Die Vorsitzende der Berliner Tafel, Sabine Werth, nennt zwei Gründe für das neue Vorgehen der Tafel. Die Kunden, die normalerweise in die Tafeln kommen, erhalten durch den Tafel-Lieferdienst weiterhin Unterstützung in der Krise und können wegen des Coronavirus zuhause bleiben. Abgesehen davon habe die Berliner Tafel ihre Räumlichkeiten geschlossen, um ihre ehrenamtlichen Mitarbeiter zu schützen. Werth zufolge sind die meisten Ehrenamtlichen 60 Jahre oder älter und gehören damit zur Covid-19-Risikogruppe.

Allerdings bringt die derzeitige Situation auch Chancen mit sich. Gegenwärtig helfen vor allem jüngere Menschen beim Verpacken oder Ausfahren der Essenspakete der Berliner Tafel.

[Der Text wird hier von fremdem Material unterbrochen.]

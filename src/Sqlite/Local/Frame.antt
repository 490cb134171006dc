-- ===== src/Sqlite/Local/Frame.antt =====
-- The calls that only set times (`update_atime`, `update_mtime`, `update_ctime` of
-- src/db_module/sqlite.rs) leave the files as they are.
use sqlitefs_temporal.Base.{
  ℕ, Bool, true, false, ◌≡◌, refl, ap, ◌∙◌, Option, none, some, ◌==◌, if◌then◌else◌, arith,
}
use sqlitefs_temporal.Schema.{Connection, MetadataRow}
use sqlitefs_temporal.Sqlite.Monad.{now}
use sqlitefs_temporal.Sqlite.Local.{
  update_metadata, update_atime, update_mtime, update_ctime, metadata_row,
}
use sqlitefs_temporal.Sqlite.Local.Rows.{map_row, metadata_row-update_metadata, size_of}

-- The same entries, the same data and the same sizes.
pub record SameFiles (a b : Connection) : Type 0 where
  pub same_blocks : b.blocks.rows ≡ a.blocks.rows
  pub same_dentries : b.dentry.rows ≡ a.dentry.rows
  pub same_extensions : b.extensions ≡ a.extensions
  pub same_size : (j : ℕ) → size_of b j ≡ size_of a j

pub SameFiles-refl : (a : Connection) → SameFiles a a
SameFiles-refl a = record {
  same_blocks = refl;
  same_dentries = refl;
  same_extensions = refl;
  same_size = λ j. refl;
}

pub SameFiles-trans : {a b c : Connection} → SameFiles a b → SameFiles b c → SameFiles a c
SameFiles-trans h k = record {
  same_blocks = k.same_blocks ∙ h.same_blocks;
  same_dentries = k.same_dentries ∙ h.same_dentries;
  same_extensions = k.same_extensions ∙ h.same_extensions;
  same_size = λ j. k.same_size j ∙ h.same_size j;
}

-- An update of the metadata that keeps ids and sizes.
pub SameFiles-update_metadata :
    (f : MetadataRow → MetadataRow)
    → ((r : MetadataRow) → (f r).id ≡ r.id)
    → ((r : MetadataRow) → (f r).size ≡ r.size)
    → (i : ℕ) (c : Connection) → SameFiles c (update_metadata i f c).1
SameFiles-update_metadata f ids sizes i c = record {
  same_blocks = unfold update_metadata in refl;
  same_dentries = unfold update_metadata in refl;
  same_extensions = unfold update_metadata in refl;
  same_size = λ j.
      unfold size_of in
      rw (metadata_row-update_metadata f ids i c j) (mapped (metadata_row c j) (i == j));
}
  where
    mapped :
        (o : Option MetadataRow) (b : Bool)
        → map_row (λ r. r.size) (if b then map_row f o else o) ≡ map_row (λ r. r.size) o
    mapped none b = ground arith
    mapped (some r) true = ap some (sizes r)
    mapped (some r) false = refl

pub SameFiles-update_atime : (i t : ℕ) (c : Connection) → SameFiles c (update_atime i t c).1
unfolding update_atime
SameFiles-update_atime i t c = SameFiles-update_metadata _ (λ r. refl) (λ r. refl) i c

pub SameFiles-update_mtime : (i t : ℕ) (c : Connection) → SameFiles c (update_mtime i t c).1
unfolding update_mtime
SameFiles-update_mtime i t c = SameFiles-update_metadata _ (λ r. refl) (λ r. refl) i c

pub SameFiles-update_ctime : (i t : ℕ) (c : Connection) → SameFiles c (update_ctime i t c).1
unfolding update_ctime
SameFiles-update_ctime i t c = SameFiles-update_metadata _ (λ r. refl) (λ r. refl) i c

pub SameFiles-now : (c : Connection) → SameFiles c (now c).1
unfolding now size_of
SameFiles-now c = record {
  same_blocks = refl;
  same_dentries = refl;
  same_extensions = refl;
  same_size = λ j. refl;
}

In den vergangenen Wochen hätten sich aber so viele hilfsbereite Menschen gemeldet, dass Werth kaum mit den Anfragen der angehenden Ehrenamtlichen hinterherkomme. Werth bedauert auch, dass sie im Moment neben Helfern keine neue Kunden aufnehmen können.

50.000 Menschen aus ganz Berlin nutzen die verschiedenen Anlaufstellen der Tafel. „Mit den 1500, die wir bislang erreicht haben, sind wir noch ziemlich weit unten“, sagt Werth. Allerdings startete der Lieferdienst erst Montag offiziell seine Touren, inoffiziell arbeiteten die Ehrenamtlichen bereits seit einer Woche. In erster Linie versuchen sie, Alleinerziehende mit mindestens zwei Kindern und alte Menschen zu unterstützen. Die Auslieferungstage richten sich laut Werth nach den Ausgabetagen der Tafeln. Den letzten Kilometer vor Ort machen in einigen Bezirken die Mitglieder der Rebel Riders Berlin, die zu den Umweltaktivisten der Extinction Rebellion gehören.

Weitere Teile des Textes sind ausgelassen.